- 2434 Okunma
- 1 Yorum
- 0 Beğeni
Her resimde olan üç hal ve eski Ardahan gravür resmi- Ardahan öyküleri- 264
_1
Her meslek üç aşamadan oluşur.
1- Çıraklık safhası
2- Kalfalık safhası
3- Üstadlık yani ustalık safhası
Her resimde üç aşamadan birini içine alıp kendinde gösterebileceği gibi bir tek aşama ile de esenkron olabilir.
Okullarda öğrenci resmini yapıp getirir ve gösterir. Resmi elimize alırız: Öğrenci resmi çıraklık aşamasıyla resmetmiştir. Tek aşamayı esenkronik çalışmıştır. Veya öğrenci eşzamanlı ( Senkronik) olarak kalfalık kuşağına biraz, üstadlık kuşağınaysa azcık gönderme yapmıştır.

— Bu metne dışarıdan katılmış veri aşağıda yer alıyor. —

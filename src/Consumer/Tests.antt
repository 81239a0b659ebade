-- ===== src/Consumer/Tests.antt =====
-- Concrete runs of the consumer.
use chain_indexer_framework.Prelude.{ℕ, ◌≡◌, refl, true, false, List, [], ◌∷◌, ◌++◌, none, some}
use chain_indexer_framework.Prelude.Int.{pos}
use chain_indexer_framework.Errors.Value.{text}
use chain_indexer_framework.Queue.{new_queue, enqueue, get_length, front, is_empty}
use chain_indexer_framework.Store.{Outcome, done, failed}
use chain_indexer_framework.Consumer.State.{Message, Consumer, ConsumerConfig}
use chain_indexer_framework.Consumer.Steps.{
  new_consumer, on_settled, process_queue, queue_loop, handle_backpressure, new_element,
}
use chain_indexer_framework.Consumer.Receiving.{accept_message}
use chain_indexer_framework.Consumer.Attempts.{Settled, retry_promise, retry_promise-Settled}
use chain_indexer_framework.Consumer.Frame.{committed}
use chain_indexer_framework.Consumer.Serving.{Serves}
use chain_indexer_framework.Consumer.Order.{Served, started, accepted, settled, Served-Serves}
use chain_indexer_framework.Consumer.Stuck.{Event, receives, starts, settles, run, run-stuck}
use chain_indexer_framework.Prelude.{String}
use chain_indexer_framework.Consumer.Receiving.{deserialize}
use chain_indexer_framework.Consumer.Overlap.{
  Decoding, Arrival, arrives, is_decoded, arrival, run_arrivals,
}
use chain_indexer_framework.Consumer.Arrivals.{decoder}

abbrev first : Message
first = record { topic = "blocks"; partition = pos 0; offset = 4; value = none }

abbrev second : Message
second = record first { offset = 5 }

abbrev config : ConsumerConfig
config = record { max_buffer_length = some 2; max_retries = some 1; start_offsets = [] }

abbrev fresh : Consumer
fresh = record (new_consumer ("blocks" ∷ []) ("blocks" ∷ []) config) { has_observer = true }

abbrev commits_all : ℕ → Outcome (Unit {0})
commits_all n = done tt

abbrev one_waits : Consumer
one_waits = accept_message false first fresh

abbrev two_wait : Consumer
two_wait = accept_message false second one_waits

abbrev attempts : ℕ → Outcome (Unit {0})
attempts n = failed (text "busy")

retry_promise-Settled_example : Settled "at" attempts 2 (retry_promise "at" attempts 2)
retry_promise-Settled_example = retry_promise-Settled "at" attempts 2

paused_at_two : two_wait.consumer_paused ≡ true
unfolding accept_message new_consumer new_queue process_queue handle_backpressure enqueue get_length
    queue_loop new_element is_empty front
paused_at_two = refl

course :
    Served "at" commits_all false
      (([] ++ first ∷ []) ++ second ∷ [])
      (on_settled "at" commits_all (done tt) two_wait)
course =
    settled (accepted (accepted (started ("blocks" ∷ []) ("blocks" ∷ []) config) first) second)
      (done tt) tt

Served-Serves_example :
    Serves (first ∷ second ∷ []) (on_settled "at" commits_all (done tt) two_wait)
Served-Serves_example = Served-Serves "at" commits_all (λ i. refl) course

abbrev tired : Consumer
tired = record one_waits { error_count = 1 }

abbrev later : List Event
later = starts true none ∷ receives (done tt) second ∷ settles (done tt) ∷ []

run-stuck_example :
    let last =
      run "at" false
        (λ t v. done v)
        commits_all
        later
        (on_settled "at" commits_all (failed (text "down")) tired) in
    (last.queue_is_processing ≡ true)
    × (last.awaited ≡ none)
    × (committed last.log ≡ committed tired.log)
unfolding accept_message new_consumer new_queue process_queue handle_backpressure enqueue get_length
    queue_loop new_element is_empty front
run-stuck_example =
    run-stuck "at" false (λ t v. done v) commits_all later (text "down") tired
      (new_element false first) refl refl refl

abbrev as_it_is : String → String → String
as_it_is topic v = v

-- The decoder is done with the second message first.
abbrev overtaking : List Arrival
overtaking = arrives first ∷ arrives second ∷ is_decoded 1 ∷ is_decoded 0 ∷ []

abbrev decodes_nothing : Decoding
decodes_nothing = record { consumer = fresh; decoding = [] }

-- It enters the queue first, and is committed first.
second_before_first :
    (run_arrivals "at" false (decoder "at" false as_it_is) overtaking decodes_nothing).consumer
    ≡ accept_message false first (accept_message false second fresh)
unfolding arrival deserialize
second_before_first = refl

Eğer böyle okur isek. Çocuğa şu, şu aşamalara gönderme yapmışsın diye öğrenciyi uyandırırız. Bu yöntemi uygulayamazsak hiçbir okuma yapamayız.
Bilinir ki: Gauss diye bir öğrenci öğretmenine sınıfta bir matematik buluşunu getirir gösterir.

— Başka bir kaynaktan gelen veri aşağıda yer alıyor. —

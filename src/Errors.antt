-- ===== src/Errors.antt =====
-- internal/errors: the error classes, the values that JavaScript code may throw, the predicates that
-- tell them apart, and the conversions `createUnknown` and `convertLibError`.
pub mod Codes
pub mod Value
pub mod Classes
pub mod Convert
pub mod Converters
pub mod Conversion
pub mod Tests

Çalışma: Birden yüze kadar yazıp, ters yönde sayıları sıralar, sayılar topladığında işlem hep 101 çıkmaktadır.
Öğretmen çalışmanın bir icat olduğunu okuyamazsa, bilemeyecek ve öğrenciyi yönlendiremeyecekti.
Resim sanatındaysa her öğrenci ve her resim bir GAUSS durumudur.

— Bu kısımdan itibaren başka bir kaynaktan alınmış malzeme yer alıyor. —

-- ===== src/Errors/Converters.antt =====
-- The four `createUnknown` of internal/errors as one function, which always gives a `BaseError`.
use chain_indexer_framework.Prelude.{Bool, true, String, ◌≡◌, refl, arith}
use chain_indexer_framework.Errors.Value.{JsObject, JsValue, js_undefined, object, is_base_error}
use chain_indexer_framework.Errors.Convert.{
  unless_base, api_create_unknown, block_producer_create_unknown, event_consumer_create_unknown,
  kafka_convert, kafka_create_unknown,
}

-- The four conversions, with their second argument.
pub data Converter : Type 0 where
  to_api to_block_producer to_event_consumer to_kafka : Bool → Converter

abbrev pub convert : Converter → (trace : String) → JsValue → JsObject
convert (to_api l) trace e = api_create_unknown trace e l
convert (to_block_producer l) trace e = block_producer_create_unknown trace e l
convert (to_event_consumer l) trace e = event_consumer_create_unknown trace e l
convert (to_kafka p) trace e = kafka_create_unknown trace e p

unless_base-base :
    (e : JsValue) (made : JsObject)
    → is_base_error (object made) ≡ true
    → is_base_error (object (unless_base e made)) ≡ true
unless_base-base (object o) made h = ground (arith, h)
unless_base-base js_undefined made h = h
unless_base-base e made h = h

made_by_kafka :
    (trace : String) (e : JsValue) (p : Bool)
    → is_base_error (object (kafka_convert trace e p)) ≡ true
unfolding kafka_create_unknown
made_by_kafka trace (object o) p = ground arith
made_by_kafka trace js_undefined p = refl
made_by_kafka trace e p = refl

pub convert-base :
    (c : Converter) (trace : String) (e : JsValue)
    → is_base_error (object (convert c trace e)) ≡ true
convert-base (to_api l) trace e = unfold api_create_unknown in unless_base-base e _ refl
convert-base (to_block_producer l) trace e =
    unfold block_producer_create_unknown in unless_base-base e _ refl
convert-base (to_event_consumer l) trace e =
    unfold event_consumer_create_unknown in unless_base-base e _ refl
convert-base (to_kafka p) trace e =
    unfold kafka_create_unknown in unless_base-base e _ (made_by_kafka trace e p)

pub convert_of_base :
    (c : Converter) (trace : String) (o : JsObject)
    → is_base_error (object o) ≡ true
    → convert c trace (object o) ≡ o
convert_of_base (to_api l) trace o h = unfold api_create_unknown in rw h
convert_of_base (to_block_producer l) trace o h = unfold block_producer_create_unknown in rw h
convert_of_base (to_event_consumer l) trace o h = unfold event_consumer_create_unknown in rw h
convert_of_base (to_kafka p) trace o h = unfold kafka_create_unknown in rw h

Sözü şuraya getireceğim: Tematik Ardahan resim sergisinde Göleli, 11 yaş’lı Eda Taş’ın resminde realistik görme biçimine alışılmış görmeyi zorlayan formlar, ne yazık ki Eda’nın lehine değerlendirilmemektir.
Eda "inekler" çalışmasında GAUSS gibi buluşlara ve aşamaya gönderme yapıyor.
Marc Chagall sürrealizmine gönderme yapıyor. Chagall’de insan elinin parmakları 6 adettir.
Ve konular da nerdeyse aynıdır. Chagall’de köy hayatı, inek sağımı, nahır gibi konuları işlemiştir.
Eda ayrıca optik sanatın yanılsama etkisinide kullanmıştır resminde: ineğin sol kalçasını hem BUT gibi, hemde at kuyruğu gibi eşzamanda betimlemiştir.
Victor Vaserely’nin Keple gestalt, 1968 isimli eserinde eşzamanlı olarak küp içeri ve dışarı gözükmektedir.
Bu tür yanılsamaları, OP-ART resim tarihine kazandırmış sanattır.
Kavramsal yanılsama, mesala: Rene Magrette: PİPE isimli eseriyle: Bu bir pipo değildir, diyerek 1926 yılında başarmıştır. M.C. Escher küpleri yine eşzamanlı ifade etmiştir. Sanat tarihi referans noktalarıyla doludur.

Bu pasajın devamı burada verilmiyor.